While you can use separate tools and software for all the different components of remote work, it will not only cost money to buy separate subscriptions for all the tools but you will also have to spend a lot of time walking employees through every tool. Instead, you can take the contextual collaboration approach and use a unified tool like a digital workplace to access all of these different components through one single dashboard.

4. Incorporate contextual collaboration

With contextual collaboration, you can incorporate all the different online collaboration tools together and access them through one single interface to make it easier for remote employees to collaborate digitally. The goal of contextual collaboration platforms like digital workplaces is to make online collaboration just as intuitive and simple as it is to work with colleagues present in the same room.

Here’s an example of contextual collaboration: While reading a project document, you may have questions for the people involved. Instead of using a separate tool to communicate with your coworkers, share the document for context and ask your queries, you can directly ask your colleagues from within the contextual collaboration tool by just clicking on their names. Using a single tool means your conversations aren’t scattered and your colleagues always have a clear context for your messages.

5. Increased focus on employee engagement

You can have the best remote work strategies and the most advanced tools to back them up, but if your employees aren’t happy and engaged, you will end up seeing no results from them, at all.

Companies are defined by the work culture that they create and when remote employees feel disconnected from that very culture, it can take a big hit on employee productivity and engagement.

Instead of just implementing strategies that you find helpful, take a bottom-up approach to remote work. Start by asking your employees about their idea of working from home

  • What are the main challenges they face while working remotely?
  • What are the processes that could be improved to help them work more efficiently?
  • Do they often feel disconnected from the team?
  • Could they be more productive if they used different tools or had a more flexible schedule?
  • Are there any communication issues within their team?

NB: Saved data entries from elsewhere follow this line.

-- ===== src/Locks/Args/Laws.antt =====
-- Options of the tests of project2 written as words, and what holds of those that are accepted.
use utd_cs6v81_spring.Base.{
  ℕ, ◌^◌, ◌≤◌, ◌<◌, ◌≡◌, refl, ap, sym, ◌∙◌, Option, none, some, List, [], ◌∷◌, ◌++◌, Text, codes,
  max, arith,
}
use utd_cs6v81_spring.Harness.Args.{Boost}
use utd_cs6v81_spring.Harness.Args.Laws.{IsBoost}
use utd_cs6v81_spring.Locks.Create.{
  LockType, test_taslock, test_ttaslock, test_backoff, test_alock, test_pthread, CommonArgs,
}
use utd_cs6v81_spring.Locks.Args.{
  Parsed, parsed, exited, finish, parse_word, parse_words, parse_args,
}

abbrev pub lock_name : LockType → Text
lock_name test_taslock = codes "TASLOCK"
lock_name test_ttaslock = codes "TTASLOCK"
lock_name test_backoff = codes "BACKOFF"
lock_name test_alock = codes "ALOCK"
lock_name test_pthread = codes "PTHREAD"

-- How `decimal` writes numbers: a digit stands first.
pub record IsDecimal (decimal : ℕ → Text) : Type 0 where
  pub first : (n : ℕ) → (d : ℕ) × (rest : Text) × (decimal n ≡ d ∷ rest) × (d < b'A')

-- The words for some arguments.
abbrev pub options_of : (ℕ → Text) → CommonArgs → List Text
options_of decimal c =
    decimal c.num_threads
    ∷ lock_name c.locktype
    ∷ (codes "MINDELAY=" ++ decimal c.min_delay)
    ∷ (codes "MAXDELAY=" ++ decimal c.max_delay)
    ∷ (codes "SECONDS=" ++ decimal c.num_seconds)
    ∷ []

pub record Fits (c : CommonArgs) : Type 0 where
  pub num_threads : c.num_threads < 2 ^ 32
  pub min_delay : c.min_delay < 2 ^ 32
  pub max_delay : c.max_delay < 2 ^ 32
  pub num_seconds : c.num_seconds < 2 ^ 32

module _ (b : Boost) (decimal : ℕ → Text) (l : IsBoost b decimal) where
  name_word :
      (t : LockType) (c : CommonArgs)
      → parse_word b (lock_name t) (b.to_upper (lock_name t)) c ≡ some (record c { locktype = t })
  unfolding parse_word
  name_word test_taslock c = rw (l.upper (codes "TASLOCK") refl) refl
  name_word test_ttaslock c = rw (l.upper (codes "TTASLOCK") refl) refl
  name_word test_backoff c = rw (l.upper (codes "BACKOFF") refl) refl
  name_word test_alock c = rw (l.upper (codes "ALOCK") refl) refl
  name_word test_pthread c = rw (l.upper (codes "PTHREAD") refl) refl

  min_word :
      (n : ℕ) (c : CommonArgs)
      → n < 2 ^ 32
      → let word = codes "MINDELAY=" ++ decimal n in
        parse_word b word (b.to_upper word) c ≡ some (record c { min_delay = n })
  unfolding parse_word
  min_word n c h = rw (l.upper (codes "MINDELAY=" ++ decimal n) (l.digits n), l.cast n h) refl

  max_word :
      (n : ℕ) (c : CommonArgs)
      → n < 2 ^ 32
      → let word = codes "MAXDELAY=" ++ decimal n in
        parse_word b word (b.to_upper word) c ≡ some (record c { max_delay = n })
  unfolding parse_word
  max_word n c h = rw (l.upper (codes "MAXDELAY=" ++ decimal n) (l.digits n), l.cast n h) refl

  seconds_word :
      (n : ℕ) (c : CommonArgs)
      → n < 2 ^ 32
      → let word = codes "SECONDS=" ++ decimal n in
        parse_word b word (b.to_upper word) c ≡ some (record c { num_seconds = n })
  unfolding parse_word
  seconds_word n c h = rw (l.upper (codes "SECONDS=" ++ decimal n) (l.digits n), l.cast n h) refl

-- A number starts with a digit, so it is none of the other words.
module _ (b : Boost) (c : CommonArgs) (d : ℕ) (rest : Text) (digit : d < b'A') where
  number_word :
      (n : ℕ)
      → b.lexical_cast (d ∷ rest) ≡ some n
      → parse_word b (d ∷ rest) (d ∷ rest) c ≡ some (record c { num_threads = n })
  unfolding parse_word
  number_word n e = ground (arith, e)

decimal_word :
    (b : Boost) (decimal : ℕ → Text) (n : ℕ) (c : CommonArgs)
    → IsBoost b decimal
    → IsDecimal decimal
    → n < 2 ^ 32
    → parse_word b (decimal n) (b.to_upper (decimal n)) c ≡ some (record c { num_threads = n })
decimal_word b decimal n c l digits h =
    let (d, rest, e, small) = digits.first n in
    let cast : b.lexical_cast (d ∷ rest) ≡ some n = ap b.lexical_cast (sym e) ∙ l.cast n h in
    rw (l.upper (decimal n) (l.digits n), e) (number_word b c d rest small n cast)

-- Any numbers of threads and seconds, kind of lock and delays, the numbers of 32 bits, written on
-- the command line, are what `parse_args` returns, whatever was set before; only a largest delay
-- below the least one is raised to it.
pub parse_args-options_of :
    (b : Boost) (decimal : ℕ → Text) (program : Text) (c old : CommonArgs)
    → IsBoost b decimal
    → IsDecimal decimal
    → Fits c
    → parse_args b program (options_of decimal c) old
      ≡ parsed (record c { max_delay = max c.min_delay c.max_delay })
unfolding parse_args parse_words
parse_args-options_of b decimal program c old l digits fits =
    rw
      (
        decimal_word b decimal c.num_threads old l digits fits.num_threads,
        name_word b decimal l c.locktype _,
        min_word b decimal l c.min_delay _ fits.min_delay,
        max_word b decimal l c.max_delay _ fits.max_delay,
        seconds_word b decimal l c.num_seconds _ fits.num_seconds,
      )
      refl

abbrev least : Parsed → ℕ
least (parsed c) = c.min_delay
least (exited lines) = 0

abbrev most : Parsed → ℕ
most (parsed c) = c.max_delay
most (exited lines) = 0

finish-parsed :
    (program : Text) (o : Option CommonArgs) (c : CommonArgs)
    → finish program o ≡ parsed c
    → c.min_delay ≤ c.max_delay
finish-parsed program none c e = omega (arith, ap least e, ap most e)
finish-parsed program (some d) c e = omega (arith, ap least e, ap most e)

-- Whatever the words and the arguments before them, when `parse_args` returns, the least delay is
-- at most the largest one, as BackoffLock needs it.
pub parse_args_ordered :
    (b : Boost) (program : Text) (words : List Text) (old c : CommonArgs)
    → parse_args b program words old ≡ parsed c
    → c.min_delay ≤ c.max_delay
unfolding parse_args
parse_args_ordered b program words old c e = finish-parsed program (parse_words b words old) c e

Managers can set up periodic one on one meetings with their team members to get a better understanding of what everyone is up to. This is especially important for remote employees who do not have the opportunity to communicate directly with their colleges on a daily basis or don’t feel comfortable enough to raise issues during regular team meetings.

Get comfortable with remote work

Even if you find it difficult to manage remote teams initially, that fact is, the world is going to be working remotely for a long time now, even after we get past the pandemic. As a result, organizations need to stop taking things one day at a time and instead create and optimize the remote work strategy that can give them visible results in the long term.